DATA SUPPLIED:
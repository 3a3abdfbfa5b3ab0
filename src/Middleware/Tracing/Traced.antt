-- ===== src/Middleware/Tracing/Traced.antt =====
-- What is logged of a traced request.
use cascade_proxy.Common.{
  ◌-◌, ◌≡◌, refl, ap, ◌∙◌, false, List, [], ◌∷◌, Text, ascii, text_eq, if◌then◌else◌,
}
use cascade_proxy.Http.{Header, Request, Clock, get, set, response, apply_all, apply, start}
use cascade_proxy.Middleware.Contexts.{
  InContext, Context, with_value, trace_id_key, text_value, trace_id_from_context,
  request_id_from_context, jwt_claims_from_context,
}
use cascade_proxy.Middleware.Logged
use cascade_proxy.Middleware.Logged.{StatusRecorder}
use cascade_proxy.Middleware.Logged.Lines.{IsOrderly, status_kept, buffered-status}
use cascade_proxy.Middleware.Tracing.{Line, new, handle, id_of, trace_id_header}

-- A handler stands behind the middleware of tracing.go, and writes, in the context that it gets
-- there, its status once and before the body, or no status. It finds in this context the identifier
-- of the trace, which the request names or else is new, and the identifier of the request and the
-- claims that were there before. The client receives what the handler writes, on a header that has
-- the identifier under X-Trace-ID, and the line that is logged has this identifier and the status
-- that the client receives.
pub handle-traced :
    {C W : Type 0} (clock : Clock W) (new_id : W → Text × W) (next : InContext C W)
    (ctx : Context C) (r : Request) (h : Header) (log : List Line) (w : W)
    → let (fresh, w0) = new_id w in
      let id = id_of r fresh in
      let behind : Context C = with_value trace_id_key (text_value id) ctx in
      let w1 = if text_eq (get trace_id_header r.header) [] then w0 else w in
      let (ops, w2) = next behind r (set trace_id_header id h) w1 in
      let (told, (log', w')) = handle clock new_id next ctx r h (log, w) in
      let got = response h told in
      IsOrderly false ops
      → (trace_id_from_context behind ≡ id)
        × (request_id_from_context behind ≡ request_id_from_context ctx)
        × (jwt_claims_from_context behind ≡ jwt_claims_from_context ctx)
        × (got ≡ response (set trace_id_header id h) ops)
        × (log'
            ≡ record {
              trace_id = id;
              method = r.method;
              path = r.path;
              status = got.status;
              duration = clock.now w2 - clock.now w1;
            }
              ∷ log)
        × (w' ≡ w2)
unfolding handle trace_id_from_context request_id_from_context jwt_claims_from_context response
    apply_all apply
handle-traced clock new_id next ctx r h log w orderly =
    let (fresh, w0) = new_id w in
    let id = id_of r fresh in
    let w1 = if text_eq (get trace_id_header r.header) [] then w0 else w in
    let (ops, w2) =
      next (with_value trace_id_key (text_value id) ctx) r (set trace_id_header id h) w1 in
    let same =
      buffered-status ops new Logged.new refl
      ∙ status_kept false ops Logged.new (start (set trace_id_header id h)) orderly refl refl in
    (
      unfold text_eq ascii in refl,
      refl,
      refl,
      refl,
      ap
          (λ s.
            record {
              trace_id = id;
              method = r.method;
              path = r.path;
              status = s;
              duration = clock.now w2 - clock.now w1;
            }
            ∷ log)
          same,
      refl,
    )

AIM OF THE EXERCISE:
Collect every line with the string "apply" from the records, and copy each.

EXERCISE RESULT:
use cascade_proxy.Http.{Header, Request, Clock, get, set, response, apply_all, apply, start}
    apply_all apply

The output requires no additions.